A book full of the piss and vinegar of self-conviction, Harris characterizes all religions as lacking reason, and moderates as culpable as fundamentalists in their acceptance of the inconsistency of ‘sacred’ texts. All religions are criticized, but especially Islam, which he sees as particularly provocative of violence. He does not deny that there is a ‘spiritual’, as distinct from ‘religious’ impulse, but argues that this comes from meditation rather than text. While I agreed with much of his argument, I found his know-it-allness and intolerance of nuance to be off-putting, and his trenchant criticism of Islam in particular to be too strident.

Finally I end up back in my own country and current politics with Katharine Murphy’s The End of Certainty: Scott Morrison and Pandemic Politics (2020). This is part of the Quarterly Essay publishing stable, and as Politics Editor for The Guardian, she writes from a current events political perspective.

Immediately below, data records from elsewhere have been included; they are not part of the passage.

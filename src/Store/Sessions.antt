-- ===== src/Store/Sessions.antt =====
-- The session operations of RoomsRepository in roomsd/src/storage/repository.ts.
use wardroom.Base.{
  ℕ, String, Bool, true, false, ◌&&◌, ◌||◌, not, Option, none, some, List, [], ◌∷◌, map,
  if◌then◌else◌, is_some, ◌===◌, any, select, update_where, text_leb,
}
use wardroom.Contracts.{
  SessionRole, operator, has_role, SessionDeliveryMode, runtime, active, closed, Session, Channel,
  Membership, session_registered, session_ended, session_reactivated, MutationReceipt,
  session_already_exists, unknown_session, operator_session_not_recoverable,
}
use wardroom.Store.{
  Database, M, ◌>>=◌, ◌>>◌, throw_if, get, put, Times, current_session, current_channel, active_of,
  append_change, unchanged,
}

pub record SessionInput : Type 0 where
  pub id : String
  pub display_name : Option String
  pub role : Option SessionRole
  pub external_id : Option String
  pub delivery_mode : Option SessionDeliveryMode
  pub external_owner : Option String
  pub external_agent_id : Option String

abbrev or_runtime : Option SessionDeliveryMode → SessionDeliveryMode
or_runtime none = runtime
or_runtime (some mode) = mode

abbrev pub new_session : SessionInput → ℕ → Session
new_session input at = record {
  id = input.id;
  registered_at = at;
  ended_at = none;
  display_name = input.display_name;
  role = input.role;
  external_id = input.external_id;
  delivery_mode = or_runtime input.delivery_mode;
  external_owner = input.external_owner;
  external_agent_id = input.external_agent_id;
}

unfoldable pub insert_session : SessionInput → Times → M MutationReceipt
insert_session input t = do
  db ← get
  throw_if (is_some (current_session db input.id)) session_already_exists
  put (record db { sessions = new_session input t.at ∷ db.sessions })
  append_change
      (session_registered input.id t.at input.display_name input.role input.external_id
        (or_runtime input.delivery_mode))
      none t.noted

abbrev pub is_live : Session → Bool
is_live s = not (is_some s.ended_at)

abbrev pub is_live_session : Database → String → Bool
is_live_session db id = any (λ (s : Session). s.id === id && is_live s) db.sessions

abbrev pub end_session_row : ℕ → Session → Session
end_session_row at s = record s { ended_at = some at }

abbrev pub end_membership : ℕ → Membership → Membership
end_membership at m = record m { session_ended_at = some at }

-- `ORDER BY channel_id`
insert_row :
    String × Option SessionRole
    → List (String × Option SessionRole)
    → List (String × Option SessionRole)
insert_row x [] = x ∷ []
insert_row x (y ∷ ys) = if text_leb x.0 y.0 then x ∷ y ∷ ys else y ∷ insert_row x ys

sort_rows : List (String × Option SessionRole) → List (String × Option SessionRole)
sort_rows [] = []
sort_rows (x ∷ xs) = insert_row x (sort_rows xs)

unfoldable pub mark_session_ended : String → Times → M MutationReceipt
unfolding sort_rows insert_row
mark_session_ended id t = do
  db ← get
  throw_if (not (is_live_session db id)) unknown_session
  put (record db {
    sessions = update_where (λ (s : Session). s.id === id) (end_session_row t.at) db.sessions;
    memberships = update_where (active_of id) (end_membership t.at) db.memberships;
  })
  append_change
      (session_ended id t.at (
        sort_rows (
          map (λ (m : Membership). (m.channel_id, m.role)) (select (active_of id) db.memberships))))
      none t.noted

-- The rows that `reactivateOperatorSession` changes.
abbrev pub needs_revival : String → Session → Bool
needs_revival id s =
    s.id === id && (is_some s.ended_at || is_some s.external_owner || is_some s.external_agent_id)

abbrev pub is_open : Option Channel → Bool
is_open none = false
is_open (some c) = elim c.lifecycle_state [ active ↦ true | closed ↦ false ]

abbrev pub is_open_channel : Database → String → Bool
is_open_channel db id = is_open (current_channel db id)

abbrev pub revivable : Database → String → Membership → Bool
revivable db id m =
    m.session_id === id
    && has_role operator m.role
    && not (is_some m.left_at)
    && is_some m.session_ended_at
    && is_open_channel db m.channel_id

abbrev pub revive_session : Session → Session
revive_session s = record s { ended_at = none; external_owner = none; external_agent_id = none }

abbrev pub revive_membership : Membership → Membership
revive_membership m = record m { session_ended_at = none }

abbrev pub session_role : Option Session → Option SessionRole
session_role none = none
session_role (some s) = s.role

revive : Database → String → Times → M MutationReceipt
revive db id t = do
  put (record db {
    sessions = update_where (needs_revival id) revive_session db.sessions;
    memberships = update_where (revivable db id) revive_membership db.memberships;
  })
  append_change (session_reactivated id t.at) none t.noted

unfoldable pub reactivate_operator_session : String → Times → M MutationReceipt
unfolding revive
reactivate_operator_session id t = do
  db ← get
  throw_if (not (has_role operator (session_role (current_session db id))))
      operator_session_not_recoverable
  if any (needs_revival id) db.sessions || any (revivable db id) db.memberships
      then revive db id t
      else unchanged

This meant that she had to jettison her original plans for this issue:

Journalism has long been described as the first draft of history and that’s certainly the case with Katharine Murphy’s latest Quarterly Essay The End of Certainty: Scott Morrison and Pandemic Politics. The arrangements for the Quarterly Essays are usually locked in a year ahead of time, and Katharine Murphy thought at first that she would be writing a profile of Australia’s unexpected Prime Minister, Scott Morrison. But in this Year of Madness, events overtook her and instead of writing an essay based solely on his personality, she interweaves it with a chronology of the unfolding of the COVID pandemic and the politics it has engendered. (See my review here)

Economic dislocation, war, terrorism, plague…. what a list!

15 responses to “Six degrees of separation: from The End of the Affair to…

  1. LOL the only thing missing is #Floods.
    Did you see that very sad photo of the Lismore library?

    Amongst all the other losses, it may seem that the loss of books are not so devastating, but there will be historical records lost forever because of this.

    • residentjudge

      The thought of trying to save an archive of documents when floods are as widespread and deep as these is a daunting thought. Looking around my study, it makes me realize how many more things I should scan.

      • I think we are fairly safe where we are. We often getting flash flooding around the storm water drain outside our house, but it’s never made it up over the driveway, much less the steps up to the house.

  2. I read that Barnes book, but to be honest, I don’t remember anything about it. That I went on to read another book by him – The Noise of Time – was surprising and I loved that book!

  3. I feel I should be listening to The End by the Doors whilst reading your chain.

  4. Haha, loved all your endings. I remember loving The seas of an ending. My post was my top post for a couple of years. I never understood that. But, like Davida, I don’t remember a lot about it now.

    I would like to read more Barry.

  5. Mareli Thalwitzer

    There’s no END to your creativity! Well done!

    Elza Reads

  6. A thoughtful and interesting chain. Thanks!

  7. Oh, dear! My own started off in the dumps, too. Fingers crossed for a more cheerful chain next month.

  8. Wow, what a great variety of books all linked by the same word. I’ve only read The Sense of and Ending, but I remember really liking it 🙂

  9. I chose a single word as a theme this month too, but my word was Green!

    Thanks for an interesting chain.

  10. My post focused on ends this month, too. The only one we share is The Sense of an Ending.